# "Fat Days"



## PeanutButterfly (Apr 11, 2011)

Most of the time I'm pretty happy with myself as a BBW. It's one of the reasons I found Dimensions in the first place. But even a fairly confident person has days when you just wish you could be a different way; smarter, more outgoing, bigger boobs and the killer: thinner.

Sometimes I have those moments where I think my entire life would be different if I were thin. Realistically I know thats not the case and that I have a pretty sweet deal but I just can't help it. There are times when I wish I could wear those teeny little sundresses and not have my thighs get all hot and sweaty, when I could get a piece of pie after dinner without imagining the caf judging me or run around campus in leggings like those thin little sorority girls do and not feel exposed. It's easier to blame my fat somedays when things don't go my way.

Just to be clear I'm not saying I want to be thin. I've learned to embrace my curves and enjoy eating healthy with little guilt. But sometimes I can feel myself back peddling and swearing I'm going to live off celery for the rest of the week. Times like that really baffle me. They usually go as quickly as they came but I wish I could get myself out of the "whoa is me" funk or maybe avoid it all together. So how do other self loving BBWs deal with these days?


----------



## Sydney Vicious (Apr 11, 2011)

PeanutButterfly said:


> how do other self loving BBWs deal with these days?

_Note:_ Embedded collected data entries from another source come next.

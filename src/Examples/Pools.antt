-- ===== src/Examples/Pools.antt =====
-- The theorems on the thread pool, at a pool with one worker.
use chubby.Prelude.{◌≡◌, ◌++◌, refl, true, [], ◌∷◌, arith}
use chubby.Prelude.Tests.{update}
use chubby.ThreadPool.{
  System, fresh, enqueue, shut, fetch, running, returned, ready, Reach, here, later, add, destroy,
  take, finish, quit, join,
}
use chubby.ThreadPool.Order.{taken_in_order, destroyed_done}

-- One task is enqueued, taken and finished; then the pool is destroyed.
abbrev queued : System
queued = record fresh { pool = enqueue 7 fresh.pool; enqueued = 7 ∷ [] }

abbrev taken : System
taken = record queued { pool = fresh.pool; pc = update queued.pc 0 (running 7); taken = 7 ∷ [] }

abbrev finished : System
finished = record taken { pc = update taken.pc 0 ready }

abbrev closing : System
closing = record finished { pool = shut finished.pool }

abbrev gone : System
gone = record closing { pc = update closing.pc 0 returned; destroyed = true }

finished-Reach : Reach 1 fresh finished
unfolding enqueue fetch
finished-Reach =
    later (later (later here (add 7 refl)) (take 0 7 (omega arith) refl refl)) (finish 0 7 refl)

gone-Reach : Reach 1 fresh gone
unfolding shut fetch
gone-Reach =
    later (later (later finished-Reach destroy) (quit 0 (omega arith) refl refl))
      (join refl (λ i h. ground arith))

taken_in_order_example : finished.enqueued ≡ finished.taken ++ finished.pool.tasks
taken_in_order_example = taken_in_order finished-Reach

destroyed_done_example : gone.taken ≡ gone.enqueued
destroyed_done_example = destroyed_done gone-Reach (omega arith) refl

bubble bath, flowy dress, go to a party, and dance my ass off. Even if I'm not really *feeling* the groove, I'll fake it. You can't wiggle forever without starting to have at least a little fun, and I've noticed if I'm having a good time, I don't let the 'what ifs' cross my mind.
....also lots of ice cream and salty snacks


----------



## annabellethecat (Apr 11, 2011)

I understand how those feelings come up. It happened to me Saturday at a consignment shop that had lots of cute clothes-in small sizes. They did have a plus section but almost everything there looked ugly or cheap. I have found cute things in this store before but not this time. It makes me feel so left out. We want cute clothes too! Those are the times when I wish I could fit into the cute stuff. So I went over to a BBW friend's house to watch movies and talk and that cheered me up.


----------



## Tania (Apr 11, 2011)

I don't really wish to be significantly smaller these days, but I do have bad-BDD moments where I get mad at my blob, wish I could shave off some hip, or curse my batwings or stretch marks. Then I go to the gym or let the hormone surge pass and everything goes back to normal. I think everybody struggles with their appearance sometimes, for one reason or another.

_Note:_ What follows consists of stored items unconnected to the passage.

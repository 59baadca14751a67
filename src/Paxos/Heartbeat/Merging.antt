-- ===== src/Paxos/Heartbeat/Merging.antt =====
-- `Heartbeat` on its three branches, and what becomes of the log.
use chubby.Prelude.{
  String, ◌≡◌, ◌≢◌, refl, ◌∙◌, ◌⊎◌, inl, inr, false, Bool-cases, Option, none, some, [], ◌∷◌,
  if◌then◌else◌, arith,
}
use chubby.Prelude.Int.{ℤ, pos, ◌<ℤ◌, ◌≤ℤ◌, <ℤ-cases, int_beq, int_beq_iff, eq_of_parts}
use chubby.Prelude.Map.{Map, lookup, int_eq, ◌==◌, beq_refl}
use chubby.Paxos.Slot.{PaxosSlot}
use chubby.Paxos.Messages.{Outcome, replied, refused, aborted, HeartbeatRequest, HeartbeatResponse}
use chubby.Paxos.Replica.{PaxosImpl, add_slots, found_or_new}
use chubby.Paxos.Replica.Slots.{slot_at}
use chubby.Paxos.Acceptor.{decide, store_slot, raise_view}
use chubby.Paxos.Acceptor.Parts.{log_stored}
use chubby.Paxos.Heartbeat.{merge_slot, merge_slots, heartbeat, fill_slots, reply_slots, wire_slots}

decide_twice :
    (first second : String) (view : ℤ) (slot : PaxosSlot)
    → decide second (record (decide first (record slot { n_a = view })) { n_a = view })
      ≡ decide first (record slot { n_a = view })
unfolding decide
decide_twice first second view slot = ground arith

module _ {Disk : Type 0} where
  -- The slot under a number, when a slot for it may have been received: without one it is as it was,
  -- and with one it is decided, by the value that it had if it was decided before.
  abbrev pub merged : PaxosImpl Disk → ℤ → Option PaxosSlot → Option PaxosSlot
  merged s j none = lookup j s.slots
  merged s j (some received) = some (decide received.value (record (slot_at s j) { n_a = s.view }))

  lookup-merge_slot :
      (seq j : ℤ) (value : String) (s : PaxosImpl Disk)
      → lookup j (merge_slot seq value s).slots ≡ (
          if seq == j
          then some (decide value (record (slot_at s seq) { n_a = s.view }))
          else lookup j s.slots)
  unfolding merge_slot slot_at
  lookup-merge_slot seq j value s = log_stored s seq _ (add_slots seq s).1 refl j

  -- What the merge of one slot leaves alone.
  pub record SameAround (s s' : PaxosImpl Disk) : Type 0 where
    pub view : s'.view ≡ s.view
    pub paxos_db : s'.paxos_db ≡ s.paxos_db
    pub done : s'.done ≡ s.done
    pub missed_heartbeats : s'.missed_heartbeats ≡ s.missed_heartbeats

  merge_slots-SameAround :
      (received : Map ℤ PaxosSlot) (s : PaxosImpl Disk) → SameAround s (merge_slots received s)
  unfolding merge_slots merge_slot store_slot add_slots
  merge_slots-SameAround [] s = record {
    view = refl;
    paxos_db = refl;
    done = refl;
    missed_heartbeats = refl;
  }
  merge_slots-SameAround ((seq, slot) ∷ rest) s =
      let more = merge_slots-SameAround rest (merge_slot seq slot.value s) in
      record {
        view = more.view;
        paxos_db = more.paxos_db;
        done = more.done;
        missed_heartbeats = more.missed_heartbeats;
      }

  view-merge_slot :
      (seq : ℤ) (value : String) (s : PaxosImpl Disk) → (merge_slot seq value s).view ≡ s.view
  unfolding merge_slot add_slots store_slot
  view-merge_slot seq value s = refl

  pub slot_at_found :
      (s : PaxosImpl Disk) (j : ℤ) (slot : PaxosSlot)
      → lookup j s.slots ≡ some slot
      → slot_at s j ≡ slot
  unfolding slot_at found_or_new
  slot_at_found s j slot e = rw e

  -- A slot that the merge of one slot does not touch, and the slot that it does.
  merged_other :
      (seq j : ℤ) (value : String) (s : PaxosImpl Disk) (found : Option PaxosSlot)
      → (seq == j) ≡ false
      → merged (merge_slot seq value s) j found ≡ merged s j found
  unfolding slot_at
  merged_other seq j value s none miss = lookup-merge_slot seq j value s ∙ rw miss
  merged_other seq j value s (some received) miss =
      rw (view-merge_slot seq value s, lookup-merge_slot seq j value s, miss)

  merged_same :
      (j : ℤ) (value : String) (s : PaxosImpl Disk) (found : Option PaxosSlot)
      → merged (merge_slot j value s) j found
        ≡ some (decide value (record (slot_at s j) { n_a = s.view }))
  unfolding decide slot_at lookup merge_slot
  merged_same j value s none = lookup-merge_slot j j value s ∙ rw (beq_refl j)
  merged_same j value s (some received) = rw (
    view-merge_slot j value s,
    slot_at_found (merge_slot j value s) j (decide value (record (slot_at s j) { n_a = s.view }))
        (lookup-merge_slot j j value s ∙ rw (beq_refl j)),
    decide_twice value received.value s.view (slot_at s j),
  )

  merged_step :
      (seq j : ℤ) (slot : PaxosSlot) (s : PaxosImpl Disk) (found : Option PaxosSlot)
      → merged (merge_slot seq slot.value s) j found
        ≡ merged s j (if seq == j then some slot else found)
  merged_step seq j slot s found = elim (Bool-cases (seq == j)) [
    | inl hit ↦ rw (hit, (int_beq_iff seq j).0 hit) (merged_same j slot.value s found)
    | inr miss ↦ rw miss (merged_other seq j slot.value s found miss)
  ]

  lookup-merge_slots :
      (received : Map ℤ PaxosSlot) (s : PaxosImpl Disk) (j : ℤ)
      → lookup j (merge_slots received s).slots ≡ merged s j (lookup j received)
  unfolding merge_slots lookup
  lookup-merge_slots [] s j = refl
  lookup-merge_slots ((seq, slot) ∷ rest) s j =
      lookup-merge_slots rest (merge_slot seq slot.value s) j
      ∙ merged_step seq j slot s (lookup j rest)

module _ {Disk : Type 0} (request : HeartbeatRequest) (s : PaxosImpl Disk) where
  -- The slots of the request.
  abbrev pub received_slots : Map ℤ PaxosSlot
  received_slots = fill_slots request.slots

  -- The state in which the slots of an accepted heartbeat are merged.
  abbrev pub adopted : PaxosImpl Disk
  adopted = record (raise_view request.view s) { done = request.done; missed_heartbeats = pos 0 }

  -- A heartbeat that is accepted: the replica is in the sender's view and has its `done`; every slot
  -- that was sent is decided, by the value that it had if it was decided before and by the value sent
  -- if not; every other slot is as it was; and nothing is written to the database.
  pub record Merged (result : Outcome HeartbeatResponse × PaxosImpl Disk) : Type 0 where
    pub reply :
        result.0
        ≡ replied (record {
          status = "";
          slots = wire_slots (reply_slots request.view received_slots s.slots);
        })
    pub log : (j : ℤ) → lookup j result.1.slots ≡ merged adopted j (lookup j received_slots)
    pub view : result.1.view ≡ request.view
    pub done : result.1.done ≡ request.done
    pub missed : result.1.missed_heartbeats ≡ pos 0
    pub paxos_db : result.1.paxos_db ≡ s.paxos_db

  raised : s.view ≤ℤ request.view → (raise_view request.view s).view ≡ request.view
  unfolding raise_view
  raised newer = ground (arith, eq_of_parts s.view request.view)

  pub raised_rest :
      ((raise_view request.view s).slots ≡ s.slots)
      × ((raise_view request.view s).paxos_db ≡ s.paxos_db)
  unfolding raise_view
  raised_rest = ground arith

  accepted :
      (int_beq (pos s.me) request.id) ≡ false
      → s.view ≤ℤ request.view
      → heartbeat request s ≡ (
        replied (record {
          status = "";
          slots = wire_slots (reply_slots adopted.view received_slots adopted.slots);
        }),
        merge_slots received_slots adopted,
      )
  unfolding heartbeat
  accepted other newer = ground arith

  pub merges :
      (int_beq (pos s.me) request.id) ≡ false
      → s.view ≤ℤ request.view
      → Merged (heartbeat request s)
  merges other newer =
      let around = merge_slots-SameAround received_slots adopted in
      rw (accepted other newer) (record {
        reply = rw (raised newer, raised_rest.0);
        log = lookup-merge_slots received_slots adopted;
        view = around.view ∙ raised newer;
        done = around.done;
        missed = around.missed_heartbeats;
        paxos_db = around.paxos_db ∙ raised_rest.1;
      })

  -- `Heartbeat`: one that the replica has sent itself only resets `missed_heartbeats`; one of an older
  -- view is refused and changes nothing; and any other is merged into the log.
  pub heartbeat_outcomes :
      ((pos s.me ≡ request.id)
        × (heartbeat request s ≡ (
          replied (record { status = ""; slots = [] }),
          record s { missed_heartbeats = pos 0 },
        )))
      ⊎ ((pos s.me ≢ request.id)
          × (request.view <ℤ s.view)
          × (heartbeat request s ≡ (refused aborted, s)))
      ⊎ ((pos s.me ≢ request.id) × (s.view ≤ℤ request.view) × Merged (heartbeat request s))
  unfolding heartbeat
  heartbeat_outcomes = elim (Bool-cases (int_beq (pos s.me) request.id)) [
    | inl mine ↦ inl ((int_beq_iff _ _).0 mine, rw (mine, heartbeat))
    | inr other ↦ elim (<ℤ-cases request.view s.view) [
      | inl older ↦ inr (inl (λ e. ground arith, older, ground arith))
      | inr newer ↦ inr (inr (λ e. ground arith, newer, merges other newer))
    ]
  ]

I do have some fat friends that tell me that I'm not "fat" anymore and that I'm in a completely different social size grouping (for lack of a better term) because of it. I don't personally subscribe to that method of dividing up the population (it offends me!), but maybe they have a point. It's easier for me to "get over it" because I don't have the same social burdens I used to. It is easier for me to "pass" I guess, which in turn means worrying less about what other people in generic public situations might be thinking or how my size might create complications in the immediate future. 

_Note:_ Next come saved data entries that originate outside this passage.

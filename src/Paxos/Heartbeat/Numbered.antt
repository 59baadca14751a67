-- ===== src/Paxos/Heartbeat/Numbered.antt =====
-- A replica keeps its number when it handles heartbeats and their replies.
use chubby.Prelude.{◌≡◌, refl, ◌∙◌, Option, none, some, [], ◌∷◌, of_branches, arith}
use chubby.Prelude.Int.{ℤ, pos, int_beq, ltb_ℤ}
use chubby.Prelude.Map.{Map, int_eq, string_eq}
use chubby.Paxos.Slot.{PaxosSlot}
use chubby.Paxos.Messages.{Outcome, HeartbeatRequest, HeartbeatResponse}
use chubby.Paxos.Replica.{PaxosImpl, add_slots}
use chubby.Paxos.Acceptor.{raise_view, store_slot}
use chubby.Paxos.Heartbeat.{heartbeat, absorb, merge_slot, merge_slots, fill_slots}

module _ {Disk : Type 0} where
  me-merge_slots :
      (received : Map ℤ PaxosSlot) (s : PaxosImpl Disk) → (merge_slots received s).me ≡ s.me
  unfolding merge_slots merge_slot store_slot add_slots
  me-merge_slots [] s = refl
  me-merge_slots ((seq, slot) ∷ rest) s = me-merge_slots rest (merge_slot seq slot.value s)

  pub me-absorb :
      (response : Option HeartbeatResponse) (s : PaxosImpl Disk) → (absorb response s).me ≡ s.me
  unfolding absorb
  me-absorb none s = refl
  me-absorb (some response) s = me-merge_slots (fill_slots response.slots) s

  me-raise_view : (view : ℤ) (s : PaxosImpl Disk) → (raise_view view s).me ≡ s.me
  unfolding raise_view
  me-raise_view view s = ground arith

  pub me-heartbeat :
      (request : HeartbeatRequest) (s : PaxosImpl Disk) → (heartbeat request s).1.me ≡ s.me
  unfolding heartbeat
  me-heartbeat request s =
      let P = λ (result : Outcome HeartbeatResponse × PaxosImpl Disk). result.1.me ≡ s.me in
      of_branches P (int_beq (pos s.me) request.id) _ _ refl (
        of_branches P (ltb_ℤ request.view s.view) _ _ refl
          (me-merge_slots (fill_slots request.slots) _ ∙ me-raise_view request.view s))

I don't know. I do agree with those friends that I'm now of a height and shape that makes my size acceptable to society at large. Even attractive. So, I don't have the same "oh crap, throttled again" moments that I used to have when I was signficantly larger. That said, I've also been thin, so if thin privilege really exists, I've experienced that too. I know what life is like on the other side, and I have to admit that it isn't much different than the way things are now. In fact, right now is BETTER in a lot of ways.


----------



## LovelyLiz (Apr 13, 2011)

When I start feeling bad about my body, what usually helps me is to get out into the fresh air and sunshine and move my body in some way that makes me feel good - going for a swim, hiking, or just going for a walk around the neighborhood or some other place I like. I guess a combination of the endorphins produced by exercise, just being outside, and feeling my body move helps me feel better about things.


----------



## mel (Apr 13, 2011)

I have recently been feeling this way after gaining some weight that has me feeling so tired and weird..if that makes sense


----------



## Undine (Apr 13, 2011)

I know exactly how you feel. I have days where I hate everything in my closet and just KNOW that I'll never be able to find anything decent to wear because nothing looks good on me, anyway, and whine to myself about how unfair society is and how if I could only lose x amount of weight blah blah blah. I'll wallow in it for a little while to indulge my inner drama queen, but then try to snap out of it. I'll try to do my makeup in a really fun way (lots of bright eyeshadows), wear an outfit that I usually love, even if I don't that day, actually make the effort and do my hair, and blast some good, fun pop or rock and sing along at the top of my lungs. Pampering yourself makes you feel special, and it's hard to feel like crap if you're lounging in a bubble bath with candles burning, listening to beautiful music.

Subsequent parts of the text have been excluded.